Why existing pricing models don't just work with biometric data
The actuarial pricing models used by most life carriers today are variants of a debit-credit system. An applicant starts at a base mortality rate for their age, sex, and smoking status. Then the underwriting evidence adjusts that rate up or down. A clean lipid panel earns a credit. An elevated A1C earns a debit. The sum of those adjustments produces a risk class, and the risk class maps to a price.
The problem with biometric-only programs isn't that the data is bad. It's that the data doesn't have the same actuarial track record. When an underwriter sees a total cholesterol reading of 240, there's 40 years of mortality studies linking that number to specific outcomes. When the system sees a heart rate variability measurement from a phone camera scan, the actuarial literature connecting that reading to all-cause mortality is much thinner, even though the clinical literature on HRV as a health marker is substantial.
This creates a credibility problem in the formal actuarial sense. How much weight do you give a new data source when pricing a book of business? The answer depends on volume, consistency, and observed-to-expected mortality ratios over time, none of which exist in large quantities for biometric-only cohorts yet.
The credibility gap in practice
Here's how the data maturity looks across evidence sources used in underwriting today:
| Evidence source | Years of mortality data | Credibility in pricing models | Availability speed | Cost per applicant |
|---|---|---|---|---|
| Paramedical exam (labs + physical) | 40+ years | Very high | 5-14 days | $80-$150 |
| Prescription history (Rx) | 15-20 years | High | Instant | $2-$5 |
| MIB records | 30+ years | High | Instant | $3-$8 |
| Motor vehicle records | 20+ years | Moderate | Instant | $2-$4 |
| Electronic health records | 8-12 years | Moderate-growing | 1-7 days | $15-$40 |
| Credit-based mortality scores | 10-15 years | Moderate | Instant | $1-$3 |
| Biometric/rPPG measurements | 3-5 years | Low-emerging | Instant | $1-$3 |
The gap between what biometric data can tell you clinically and what actuaries can prove statistically is where the pricing challenge lives. Dr. Zohair Abbas and colleagues at the Mzuzu University Department of Mathematical Sciences published work in 2024 through the Scientific Research Publishing journal examining AI-augmented actuarial models, noting that integrating real-time biometric data inputs requires new validation frameworks beyond what traditional actuarial methods assume.
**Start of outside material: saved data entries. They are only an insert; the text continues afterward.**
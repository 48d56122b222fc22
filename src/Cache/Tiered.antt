-- ===== src/Cache/Tiered.antt =====
-- pkg/cache/cache.go, type TieredCache, over any two caches.
mod Freshness
mod Tests
use pin_go.Base.{ℕ, String, List, Option, none, some, ℤ, pos, ◌+ℤ◌, ◌*ℤ◌, int64, Duration, second}
use pin_go.Errors.{Error}
use pin_go.Cache.Memory.{Reply, found, failed, CacheStats}
use pin_go.Cache.Contract.{Cache}

abbrev hour : Duration
hour = pos 3_600_000_000_000

module _ (c1 c2 : Cache) where
  pub record Tiered : Type 0 where
    pub l1 : c1.Store
    pub l2 : c2.Store

  unfoldable pub new_tiered_cache : c1.Store → c2.Store → Tiered
  new_tiered_cache l1 l2 = record { l1 = l1; l2 = l2 }

  -- `Get` after the first cache has missed; the error of the Set into it is dropped.
  pub promote : Tiered → String → c2.Store × Reply → Tiered × Reply
  promote t key (l2, found value) =
      (record { l1 = (c1.set t.l1 key value hour).0; l2 = l2 }, found value)
  promote t key (l2, failed e) = (record { l1 = t.l1; l2 = l2 }, failed e)

  after_l1 : Tiered → String → c1.Store × Reply → Tiered × Reply
  unfolding promote
  after_l1 t key (l1, found value) = (record t { l1 = l1 }, found value)
  after_l1 t key (l1, failed e) = promote (record t { l1 = l1 }) key (c2.get t.l2 key)

  unfoldable pub get : Tiered → String → Tiered × Reply
  unfolding after_l1
  get t key = after_l1 t key (c1.get t.l1 key)

  -- `Set` after that of the first cache.
  set_l2 : Tiered → String → List ℕ → Duration → Option Error → Tiered × Option Error
  set_l2 t key value ttl none = let (l2, e) = c2.set t.l2 key value ttl in (record t { l2 = l2 }, e)
  set_l2 t key value ttl (some e) = (t, some e)

  unfoldable pub set : Tiered → String → List ℕ → Duration → Tiered × Option Error
  unfolding set_l2
  set t key value ttl =
      let (l1, e) = c1.set t.l1 key value ttl in set_l2 (record t { l1 = l1 }) key value ttl e

  unfoldable pub delete_key : Tiered → String → Tiered × Option Error
  delete_key t key =
      let (l2, e) = c2.delete_key t.l2 key in
      (record { l1 = (c1.delete_key t.l1 key).0; l2 = l2 }, e)

  unfoldable pub clear : Tiered → Tiered × Option Error
  clear t = let (l2, e) = c2.clear t.l2 in (record { l1 = (c1.clear t.l1).0; l2 = l2 }, e)

  unfoldable pub stats : Tiered → CacheStats
  stats t =
      let s1 = c1.stats t.l1 in
      let s2 = c2.stats t.l2 in
      record {
        hits = int64 (s1.hits +ℤ s2.hits);
        misses = int64 (s1.misses +ℤ s2.misses);
        evictions = int64 (s1.evictions +ℤ s2.evictions);
        size = int64 (s1.size +ℤ s2.size);
        max_size = int64 (s1.max_size +ℤ s2.max_size);
        item_count = int64 (s1.item_count +ℤ s2.item_count);
        max_items = int64 (s1.max_items +ℤ s2.max_items);
      }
How actuaries are adjusting pricing for biometric-only cohorts
The carriers running biometric-only programs aren't waiting for 20 years of mortality experience before pricing their books. They're using several approaches to bridge the credibility gap, each with trade-offs.
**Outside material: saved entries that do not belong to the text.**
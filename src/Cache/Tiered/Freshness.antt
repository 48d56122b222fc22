-- ===== src/Cache/Tiered/Freshness.antt =====
-- pkg/cache/cache.go, type TieredCache: the laws of the interface.
use pin_go.Base.{
  ℕ, String, ◌≡◌, ◌≢◌, ◌⊎◌, inl, inr, refl, sym, ◌∙◌, List, Option, none, some, Duration,
}
use pin_go.Errors.{Error}
use pin_go.Cache.Memory.{Reply, found, failed}
use pin_go.Cache.Contract.{Cache}
use pin_go.Cache.Tiered.{
  Tiered, promote, after_l1, get, set_l2, set, delete_key, clear, stats, hour,
}

Reply-cases : (r : Reply) → ((v : List ℕ) × (r ≡ found v)) ⊎ ((e : Error) × (r ≡ failed e))
Reply-cases (found v) = inl (v, refl)
Reply-cases (failed e) = inr (e, refl)

moved :
    (c : Cache) (s : c.Store) {k j : String} {v w : List ℕ}
    → k ≡ j
    → v ≡ w
    → c.Holds s k v
    → c.Holds s j w
moved c s e f h = rw (← e, ← f) h

module _ (c1 c2 : Cache) where
  -- What one of the levels holds.
  abbrev pub Holds : Tiered c1 c2 → String → List ℕ → Type 0
  Holds t k v = c1.Holds t.l1 k v ⊎ c2.Holds t.l2 k v

  pub get_found :
      (t : Tiered c1 c2) (k : String) (v : List ℕ) → (get c1 c2 t k).1 ≡ found v → Holds t k v
  unfolding get after_l1 promote
  get_found t k v h = elim (Reply-cases (c1.get t.l1 k).1) [
    | inl (w, e) ↦ inl (c1.get_found t.l1 k v (e ∙ (rw e at h)))
    | inr (x, e) ↦ elim (Reply-cases (c2.get t.l2 k).1) [
      | inl (w, e2) ↦ inr (c2.get_found t.l2 k v (e2 ∙ (rw (e, e2) at h)))
      | inr (y, e2) ↦ cc (rw (e, e2) at h)
    ]
  ]

  promote_only :
      (t : Tiered c1 c2) (k j : String) (v : List ℕ) (r : c2.Store × Reply)
      → ((w : List ℕ) → r.1 ≡ found w → c2.Holds t.l2 k w)
      → (c2.Holds r.0 j v → c2.Holds t.l2 j v)
      → Holds (promote c1 c2 t k r).0 j v
      → Holds t j v
  unfolding promote
  promote_only t k j v (l2, found w) from keeps (inl h) = elim (c1.set_only t.l1 k w hour j v h) [
    | inl (same, e) ↦ inr (moved c2 t.l2 same (sym e) (from w refl))
    | inr old ↦ inl old
  ]
  promote_only t k j v (l2, found w) from keeps (inr h) = inr (keeps h)
  promote_only t k j v (l2, failed e) from keeps (inl h) = inl h
  promote_only t k j v (l2, failed e) from keeps (inr h) = inr (keeps h)

  after_l1_only :
      (t : Tiered c1 c2) (k j : String) (v : List ℕ) (r : c1.Store × Reply)
      → (c1.Holds r.0 j v → c1.Holds t.l1 j v)
      → Holds (after_l1 c1 c2 t k r).0 j v
      → Holds t j v
  unfolding after_l1
  after_l1_only t k j v (l1, found w) keeps (inl h) = inl (keeps h)
  after_l1_only t k j v (l1, found w) keeps (inr h) = inr h
  after_l1_only t k j v (l1, failed e) keeps h =
      elim (promote_only (record t { l1 = l1 }) k j v (c2.get t.l2 k) (c2.get_found t.l2 k)
        (c2.get_only t.l2 k j v) h) [ inl old ↦ inl (keeps old) | inr old ↦ inr old ]

  pub get_only :
      (t : Tiered c1 c2) (k j : String) (v : List ℕ) → Holds (get c1 c2 t k).0 j v → Holds t j v
  unfolding get
  get_only t k j v h = after_l1_only t k j v (c1.get t.l1 k) (c1.get_only t.l1 k j v) h

  set_l2_only :
      (t : Tiered c1 c2) (k : String) (v : List ℕ) (ttl : Duration) (o : Option Error) (j : String)
      (w : List ℕ)
      → Holds (set_l2 c1 c2 t k v ttl o).0 j w
      → c1.Holds t.l1 j w ⊎ ((k ≡ j) × (w ≡ v) ⊎ c2.Holds t.l2 j w)
  unfolding set_l2
  set_l2_only t k v ttl none j w (inl h) = inl h
  set_l2_only t k v ttl none j w (inr h) = inr (c2.set_only t.l2 k v ttl j w h)
  set_l2_only t k v ttl (some e) j w (inl h) = inl h
  set_l2_only t k v ttl (some e) j w (inr h) = inr (inr h)

  pub set_only :
      (t : Tiered c1 c2) (k : String) (v : List ℕ) (ttl : Duration) (j : String) (w : List ℕ)
      → Holds (set c1 c2 t k v ttl).0 j w
      → (k ≡ j) × (w ≡ v) ⊎ Holds t j w
  unfolding set
  set_only t k v ttl j w h =
      let (l1, e) = c1.set t.l1 k v ttl in
      elim (set_l2_only (record t { l1 = l1 }) k v ttl e j w h) [
        | inl first ↦ elim (c1.set_only t.l1 k v ttl j w first) [
          | inl new ↦ inl new
          | inr old ↦ inr (inl old)
        ]
        | inr (inl new) ↦ inl new
        | inr (inr old) ↦ inr (inr old)
      ]

  set_l2_fresh :
      (t : Tiered c1 c2) (k : String) (v : List ℕ) (ttl : Duration) (o : Option Error) (w : List ℕ)
      → (o ≡ none → c1.Holds t.l1 k w → w ≡ v)
      → (set_l2 c1 c2 t k v ttl o).1 ≡ none
      → Holds (set_l2 c1 c2 t k v ttl o).0 k w
      → w ≡ v
  unfolding set_l2
  set_l2_fresh t k v ttl none w first e (inl h) = first refl h
  set_l2_fresh t k v ttl none w first e (inr h) = c2.set_fresh t.l2 k v ttl w e h
  set_l2_fresh t k v ttl (some x) w first e h = cc

  pub set_fresh :
      (t : Tiered c1 c2) (k : String) (v : List ℕ) (ttl : Duration) (w : List ℕ)
      → (set c1 c2 t k v ttl).1 ≡ none
      → Holds (set c1 c2 t k v ttl).0 k w
      → w ≡ v
  unfolding set
  set_fresh t k v ttl w e h =
      let (l1, error) = c1.set t.l1 k v ttl in
      set_l2_fresh (record t { l1 = l1 }) k v ttl error w (c1.set_fresh t.l1 k v ttl w) e h

  pub delete_only :
      (t : Tiered c1 c2) (k j : String) (v : List ℕ)
      → Holds (delete_key c1 c2 t k).0 j v
      → Holds t j v
  unfolding delete_key
  delete_only t k j v (inl h) = inl (c1.delete_only t.l1 k j v h)
  delete_only t k j v (inr h) = inr (c2.delete_only t.l2 k j v h)

  pub delete_gone :
      (t : Tiered c1 c2) (k : String) (v : List ℕ) → Holds (delete_key c1 c2 t k).0 k v → ⊥
  unfolding delete_key
  delete_gone t k v (inl h) = c1.delete_gone t.l1 k v h
  delete_gone t k v (inr h) = c2.delete_gone t.l2 k v h

  pub clear_gone : (t : Tiered c1 c2) (j : String) (v : List ℕ) → Holds (clear c1 c2 t).0 j v → ⊥
  unfolding clear
  clear_gone t j v (inl h) = c1.clear_gone t.l1 j v h
  clear_gone t j v (inr h) = c2.clear_gone t.l2 j v h

  -- A tiered cache of two caches as a cache.
  unfoldable pub tiered : Cache
  tiered = record {
    Store = Tiered c1 c2;
    get = get c1 c2;
    set = set c1 c2;
    delete_key = delete_key c1 c2;
    clear = clear c1 c2;
    stats = stats c1 c2;
    Holds = Holds;
    get_found = get_found;
    get_only = get_only;
    set_only = set_only;
    set_fresh = set_fresh;
    delete_only = delete_only;
    delete_gone = delete_gone;
    clear_gone = clear_gone;
  }

  -- After a Set that returns nil, a Get of the key that finds a value finds the one that was set,
  -- whichever level answers and whatever the levels have lost or held before.
  pub get-set_tiered :
      (t : Tiered c1 c2) (k : String) (v : List ℕ) (ttl : Duration) (w : List ℕ)
      → (set c1 c2 t k v ttl).1 ≡ none
      → (get c1 c2 (set c1 c2 t k v ttl).0 k).1 ≡ found w
      → w ≡ v
  get-set_tiered t k v ttl w e h = set_fresh t k v ttl w e (get_found (set c1 c2 t k v ttl).0 k w h)

  -- After a Delete no Get of the key finds a value.
  pub get-delete_key_tiered :
      (t : Tiered c1 c2) (k : String) (w : List ℕ)
      → (get c1 c2 (delete_key c1 c2 t k).0 k).1 ≢ found w
  get-delete_key_tiered t k w h = delete_gone t k w (get_found (delete_key c1 c2 t k).0 k w h)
Blended credibility weighting
The most common approach treats biometric data as one input in a multi-source model rather than the sole basis for pricing. The biometric reading gets partial credibility weight, combined with traditional proxy sources like prescription history and MIB checks.
In practice, this means a carrier might weight biometric data at 15-25% of the total risk assessment in year one, increasing that weight as observed mortality experience accumulates. The Society of Actuaries' ongoing research into accelerated underwriting outcomes supports this graduated approach, with their product development section publishing analysis in August 2024 showing that carriers using layered data waterfalls generally see mortality results stabilize faster than those relying on any single alternative source.
Mortality loading for uncertainty
Some pricing actuaries add an explicit loading factor to biometric-only cohorts to account for the credibility gap. This is conceptually similar to how carriers price new products in markets with limited experience data. You assume the worst within a reasonable band and let actual experience prove you wrong.
The loading typically ranges from 5-15% above what the same cohort would be priced at with full traditional evidence, declining as the program matures. The tricky part is setting a loading that's high enough to protect against adverse selection without being so high that it makes the biometric-only product uncompetitive.
Parallel shadow studies
Willis Towers Watson and Klarity Health announced a collaboration in 2025 focused on using wearable and biometric health data to provide more personalized risk evaluations, moving beyond traditional metrics to incorporate real-time health insights. This kind of partnership reflects a broader industry pattern where carriers and reinsurers run biometric programs alongside traditional underwriting for a period, comparing outcomes before adjusting pricing.
In a shadow study, applicants go through both the biometric assessment and traditional underwriting. The policy gets priced on traditional evidence, but the biometric data is captured and stored. Over time, the actuarial team compares what the biometric model predicted against what the traditional model predicted, and both against actual claims experience. This dual-track approach builds the credibility base without putting pricing at risk.
What the mortality tables actually look like
Translating biometric readings into mortality assumptions requires mapping physiological measurements to risk classifications. This is where actuarial pricing models for biometric-only underwriting get into territory that most pricing manuals don't cover.
A traditional risk classification might use five classes: preferred plus, preferred, standard plus, standard, and substandard with table ratings. Each class has an expected mortality ratio relative to the base table. Preferred plus might be 50-60% of the 2015 VBT (Valuation Basic Table), while standard sits at 100%.
For biometric-only programs, the challenge is building classification rules that produce similar risk stratification from different inputs. Instead of sorting applicants by cholesterol, blood pressure from a cuff, and BMI from a physical exam, the model sorts by resting heart rate, heart rate variability patterns, estimated blood pressure from rPPG signals, and respiratory rate characteristics.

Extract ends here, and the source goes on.